> [Data records]
**********

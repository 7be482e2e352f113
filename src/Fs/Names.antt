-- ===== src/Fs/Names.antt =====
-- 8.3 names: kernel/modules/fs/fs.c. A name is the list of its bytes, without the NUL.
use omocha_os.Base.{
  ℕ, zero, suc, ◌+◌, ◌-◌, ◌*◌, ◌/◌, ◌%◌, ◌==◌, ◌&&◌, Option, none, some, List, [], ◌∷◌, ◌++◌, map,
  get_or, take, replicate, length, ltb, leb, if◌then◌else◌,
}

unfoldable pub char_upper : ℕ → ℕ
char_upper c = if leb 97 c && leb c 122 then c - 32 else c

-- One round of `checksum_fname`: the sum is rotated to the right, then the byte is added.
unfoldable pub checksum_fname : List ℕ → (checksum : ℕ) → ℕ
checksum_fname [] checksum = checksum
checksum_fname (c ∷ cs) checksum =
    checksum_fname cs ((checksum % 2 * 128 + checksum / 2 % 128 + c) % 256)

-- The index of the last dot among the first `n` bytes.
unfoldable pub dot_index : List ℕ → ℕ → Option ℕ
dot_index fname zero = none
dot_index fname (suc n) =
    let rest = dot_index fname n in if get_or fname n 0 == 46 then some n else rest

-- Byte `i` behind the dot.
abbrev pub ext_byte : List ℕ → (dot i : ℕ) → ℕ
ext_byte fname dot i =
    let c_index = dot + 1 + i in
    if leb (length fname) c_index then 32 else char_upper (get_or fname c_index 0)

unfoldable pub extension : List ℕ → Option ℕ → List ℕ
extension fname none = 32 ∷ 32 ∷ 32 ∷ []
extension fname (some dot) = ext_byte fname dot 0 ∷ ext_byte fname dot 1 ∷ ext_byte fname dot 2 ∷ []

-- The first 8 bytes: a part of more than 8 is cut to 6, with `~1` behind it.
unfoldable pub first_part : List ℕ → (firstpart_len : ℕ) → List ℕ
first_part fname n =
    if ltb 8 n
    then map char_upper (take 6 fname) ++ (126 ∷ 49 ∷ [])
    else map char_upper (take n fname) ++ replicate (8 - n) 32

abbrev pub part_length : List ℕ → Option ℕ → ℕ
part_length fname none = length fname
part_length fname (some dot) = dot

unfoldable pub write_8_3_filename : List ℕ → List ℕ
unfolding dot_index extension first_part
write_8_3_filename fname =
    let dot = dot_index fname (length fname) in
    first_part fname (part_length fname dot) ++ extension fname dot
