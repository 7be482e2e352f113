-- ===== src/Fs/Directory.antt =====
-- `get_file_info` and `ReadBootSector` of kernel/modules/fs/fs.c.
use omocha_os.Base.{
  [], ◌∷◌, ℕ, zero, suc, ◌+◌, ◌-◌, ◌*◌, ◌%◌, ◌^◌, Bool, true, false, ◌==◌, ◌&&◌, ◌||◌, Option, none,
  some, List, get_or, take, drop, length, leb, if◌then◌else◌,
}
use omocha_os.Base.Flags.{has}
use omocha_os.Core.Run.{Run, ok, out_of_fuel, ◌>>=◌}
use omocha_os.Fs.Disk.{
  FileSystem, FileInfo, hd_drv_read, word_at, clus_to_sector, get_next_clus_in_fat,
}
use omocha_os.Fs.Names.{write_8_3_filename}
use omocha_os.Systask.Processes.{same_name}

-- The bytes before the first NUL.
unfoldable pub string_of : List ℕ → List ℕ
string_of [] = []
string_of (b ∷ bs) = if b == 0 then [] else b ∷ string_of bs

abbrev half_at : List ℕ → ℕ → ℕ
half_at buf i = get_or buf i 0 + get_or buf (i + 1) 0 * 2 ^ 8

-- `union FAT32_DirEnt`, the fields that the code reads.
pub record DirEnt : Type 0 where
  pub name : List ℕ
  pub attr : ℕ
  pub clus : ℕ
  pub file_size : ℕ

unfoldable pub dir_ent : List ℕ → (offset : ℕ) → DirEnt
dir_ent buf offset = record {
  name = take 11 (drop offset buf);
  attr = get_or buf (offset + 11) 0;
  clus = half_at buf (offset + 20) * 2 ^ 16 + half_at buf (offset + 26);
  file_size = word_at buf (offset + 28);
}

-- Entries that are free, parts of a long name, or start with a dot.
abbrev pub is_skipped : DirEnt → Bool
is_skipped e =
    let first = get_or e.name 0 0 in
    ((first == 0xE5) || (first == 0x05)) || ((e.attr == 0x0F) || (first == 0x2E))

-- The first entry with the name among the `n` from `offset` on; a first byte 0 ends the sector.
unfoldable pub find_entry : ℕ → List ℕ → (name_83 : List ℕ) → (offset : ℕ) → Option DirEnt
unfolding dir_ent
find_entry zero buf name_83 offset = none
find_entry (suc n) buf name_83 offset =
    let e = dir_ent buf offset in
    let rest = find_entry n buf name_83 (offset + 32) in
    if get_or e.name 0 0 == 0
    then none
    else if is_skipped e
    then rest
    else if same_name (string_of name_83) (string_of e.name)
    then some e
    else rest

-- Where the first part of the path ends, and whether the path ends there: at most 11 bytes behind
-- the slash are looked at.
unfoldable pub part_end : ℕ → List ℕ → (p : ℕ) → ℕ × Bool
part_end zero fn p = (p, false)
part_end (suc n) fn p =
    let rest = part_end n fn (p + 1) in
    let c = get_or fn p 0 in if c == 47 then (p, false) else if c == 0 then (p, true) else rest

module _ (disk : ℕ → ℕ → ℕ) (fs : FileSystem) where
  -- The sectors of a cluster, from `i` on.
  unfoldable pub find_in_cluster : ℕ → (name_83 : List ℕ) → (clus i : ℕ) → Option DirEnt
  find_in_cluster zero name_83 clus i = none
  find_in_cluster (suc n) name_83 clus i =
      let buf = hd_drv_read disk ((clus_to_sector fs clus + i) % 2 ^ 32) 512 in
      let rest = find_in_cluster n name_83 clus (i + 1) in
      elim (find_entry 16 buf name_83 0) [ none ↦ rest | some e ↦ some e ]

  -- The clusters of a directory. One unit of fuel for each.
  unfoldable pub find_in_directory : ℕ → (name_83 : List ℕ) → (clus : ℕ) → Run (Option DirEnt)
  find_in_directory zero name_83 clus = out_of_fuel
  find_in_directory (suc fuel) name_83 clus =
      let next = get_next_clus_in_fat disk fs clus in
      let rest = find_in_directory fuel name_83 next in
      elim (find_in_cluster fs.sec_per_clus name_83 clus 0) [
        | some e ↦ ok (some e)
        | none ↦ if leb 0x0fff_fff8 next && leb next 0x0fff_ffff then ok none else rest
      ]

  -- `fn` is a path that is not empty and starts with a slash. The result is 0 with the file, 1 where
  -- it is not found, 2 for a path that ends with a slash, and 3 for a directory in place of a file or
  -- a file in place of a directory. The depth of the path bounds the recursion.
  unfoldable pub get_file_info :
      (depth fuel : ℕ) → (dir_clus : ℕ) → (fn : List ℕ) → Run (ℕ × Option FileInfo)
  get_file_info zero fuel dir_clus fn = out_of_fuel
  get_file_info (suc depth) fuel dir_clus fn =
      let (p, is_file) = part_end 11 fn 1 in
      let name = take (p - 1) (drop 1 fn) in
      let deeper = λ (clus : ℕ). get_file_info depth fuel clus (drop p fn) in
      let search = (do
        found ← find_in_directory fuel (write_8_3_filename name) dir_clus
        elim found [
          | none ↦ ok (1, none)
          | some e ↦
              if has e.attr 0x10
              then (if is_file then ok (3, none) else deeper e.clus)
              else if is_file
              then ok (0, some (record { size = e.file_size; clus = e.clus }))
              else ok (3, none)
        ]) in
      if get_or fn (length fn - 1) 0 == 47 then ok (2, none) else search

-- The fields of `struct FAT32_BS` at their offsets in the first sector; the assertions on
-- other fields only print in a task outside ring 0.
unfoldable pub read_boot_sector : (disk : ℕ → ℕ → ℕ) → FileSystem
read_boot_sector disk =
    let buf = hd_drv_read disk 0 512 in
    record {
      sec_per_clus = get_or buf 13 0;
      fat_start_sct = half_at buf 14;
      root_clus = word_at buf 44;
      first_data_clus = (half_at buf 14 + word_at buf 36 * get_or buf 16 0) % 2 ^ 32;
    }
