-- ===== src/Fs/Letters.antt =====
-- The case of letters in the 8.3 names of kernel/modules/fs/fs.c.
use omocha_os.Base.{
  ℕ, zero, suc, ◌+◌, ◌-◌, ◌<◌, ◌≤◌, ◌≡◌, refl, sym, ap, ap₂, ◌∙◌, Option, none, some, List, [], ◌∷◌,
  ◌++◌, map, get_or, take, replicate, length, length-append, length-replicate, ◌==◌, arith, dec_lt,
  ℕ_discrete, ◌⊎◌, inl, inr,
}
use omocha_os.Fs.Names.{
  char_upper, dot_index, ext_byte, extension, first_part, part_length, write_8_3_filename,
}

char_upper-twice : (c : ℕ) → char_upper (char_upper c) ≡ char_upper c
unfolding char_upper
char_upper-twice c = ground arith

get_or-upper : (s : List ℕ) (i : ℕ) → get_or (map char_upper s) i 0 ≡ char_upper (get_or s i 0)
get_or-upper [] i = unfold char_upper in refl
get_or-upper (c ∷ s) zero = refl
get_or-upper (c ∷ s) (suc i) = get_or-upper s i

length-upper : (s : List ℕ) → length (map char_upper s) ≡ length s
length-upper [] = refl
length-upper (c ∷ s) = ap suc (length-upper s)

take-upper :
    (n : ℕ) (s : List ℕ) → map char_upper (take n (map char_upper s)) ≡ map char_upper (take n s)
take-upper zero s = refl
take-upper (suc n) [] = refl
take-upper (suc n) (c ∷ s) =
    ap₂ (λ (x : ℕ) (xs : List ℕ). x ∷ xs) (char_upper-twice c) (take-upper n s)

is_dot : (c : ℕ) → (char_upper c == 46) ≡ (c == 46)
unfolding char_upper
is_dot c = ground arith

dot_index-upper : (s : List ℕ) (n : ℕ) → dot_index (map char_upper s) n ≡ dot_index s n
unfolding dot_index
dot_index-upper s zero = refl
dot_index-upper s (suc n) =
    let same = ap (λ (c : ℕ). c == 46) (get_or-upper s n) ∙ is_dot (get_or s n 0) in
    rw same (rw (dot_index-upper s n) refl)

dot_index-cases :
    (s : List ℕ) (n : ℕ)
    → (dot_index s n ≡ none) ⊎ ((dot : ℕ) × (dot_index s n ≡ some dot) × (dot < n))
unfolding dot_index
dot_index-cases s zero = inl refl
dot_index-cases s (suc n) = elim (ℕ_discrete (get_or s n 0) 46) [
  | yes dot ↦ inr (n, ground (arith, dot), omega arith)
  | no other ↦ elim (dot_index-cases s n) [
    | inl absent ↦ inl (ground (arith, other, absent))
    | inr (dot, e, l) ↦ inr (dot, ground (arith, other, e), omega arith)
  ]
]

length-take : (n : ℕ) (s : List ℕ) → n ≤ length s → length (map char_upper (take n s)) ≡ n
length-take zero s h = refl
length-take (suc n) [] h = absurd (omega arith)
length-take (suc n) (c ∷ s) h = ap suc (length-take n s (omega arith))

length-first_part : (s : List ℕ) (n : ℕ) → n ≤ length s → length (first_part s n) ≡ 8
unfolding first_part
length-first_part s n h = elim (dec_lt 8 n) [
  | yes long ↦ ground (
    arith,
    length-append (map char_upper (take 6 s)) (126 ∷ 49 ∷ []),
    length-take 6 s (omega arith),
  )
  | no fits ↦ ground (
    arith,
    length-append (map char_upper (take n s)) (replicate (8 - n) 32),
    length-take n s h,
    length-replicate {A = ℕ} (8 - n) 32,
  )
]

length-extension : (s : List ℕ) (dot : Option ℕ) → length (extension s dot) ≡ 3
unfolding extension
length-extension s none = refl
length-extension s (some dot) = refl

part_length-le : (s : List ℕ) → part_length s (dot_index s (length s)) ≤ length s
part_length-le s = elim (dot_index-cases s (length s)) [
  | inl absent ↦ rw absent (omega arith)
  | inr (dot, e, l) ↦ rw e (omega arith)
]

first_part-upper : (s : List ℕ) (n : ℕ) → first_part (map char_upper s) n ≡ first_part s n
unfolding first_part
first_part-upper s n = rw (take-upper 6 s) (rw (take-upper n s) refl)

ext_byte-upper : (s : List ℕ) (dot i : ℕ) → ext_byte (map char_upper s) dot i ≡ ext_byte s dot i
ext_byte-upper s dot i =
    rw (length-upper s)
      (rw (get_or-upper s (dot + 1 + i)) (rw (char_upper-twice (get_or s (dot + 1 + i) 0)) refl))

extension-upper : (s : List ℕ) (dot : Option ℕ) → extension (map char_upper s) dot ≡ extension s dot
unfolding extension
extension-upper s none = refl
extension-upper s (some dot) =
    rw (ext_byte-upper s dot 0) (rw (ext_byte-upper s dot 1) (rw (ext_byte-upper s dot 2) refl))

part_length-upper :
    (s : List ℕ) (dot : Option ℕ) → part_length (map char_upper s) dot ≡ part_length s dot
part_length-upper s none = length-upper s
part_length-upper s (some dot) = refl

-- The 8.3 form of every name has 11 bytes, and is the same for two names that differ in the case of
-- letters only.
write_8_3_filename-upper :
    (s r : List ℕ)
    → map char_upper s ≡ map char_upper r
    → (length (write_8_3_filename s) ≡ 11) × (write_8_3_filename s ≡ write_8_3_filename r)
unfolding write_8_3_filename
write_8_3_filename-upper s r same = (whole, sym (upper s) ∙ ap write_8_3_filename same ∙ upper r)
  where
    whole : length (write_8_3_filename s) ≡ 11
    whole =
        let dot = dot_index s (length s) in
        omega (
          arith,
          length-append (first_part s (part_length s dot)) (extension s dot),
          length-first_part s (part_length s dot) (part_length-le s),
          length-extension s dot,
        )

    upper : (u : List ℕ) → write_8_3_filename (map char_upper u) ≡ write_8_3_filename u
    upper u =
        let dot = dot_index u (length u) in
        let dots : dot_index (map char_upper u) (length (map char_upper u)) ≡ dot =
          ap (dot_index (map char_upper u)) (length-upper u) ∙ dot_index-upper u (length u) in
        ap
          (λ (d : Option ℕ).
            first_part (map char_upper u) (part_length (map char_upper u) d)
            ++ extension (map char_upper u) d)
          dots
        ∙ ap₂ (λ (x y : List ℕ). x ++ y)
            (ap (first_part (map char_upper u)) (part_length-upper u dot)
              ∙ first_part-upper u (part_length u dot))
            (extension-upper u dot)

**********

Give the number of lines containing "ends" in the entries, and no other text.

3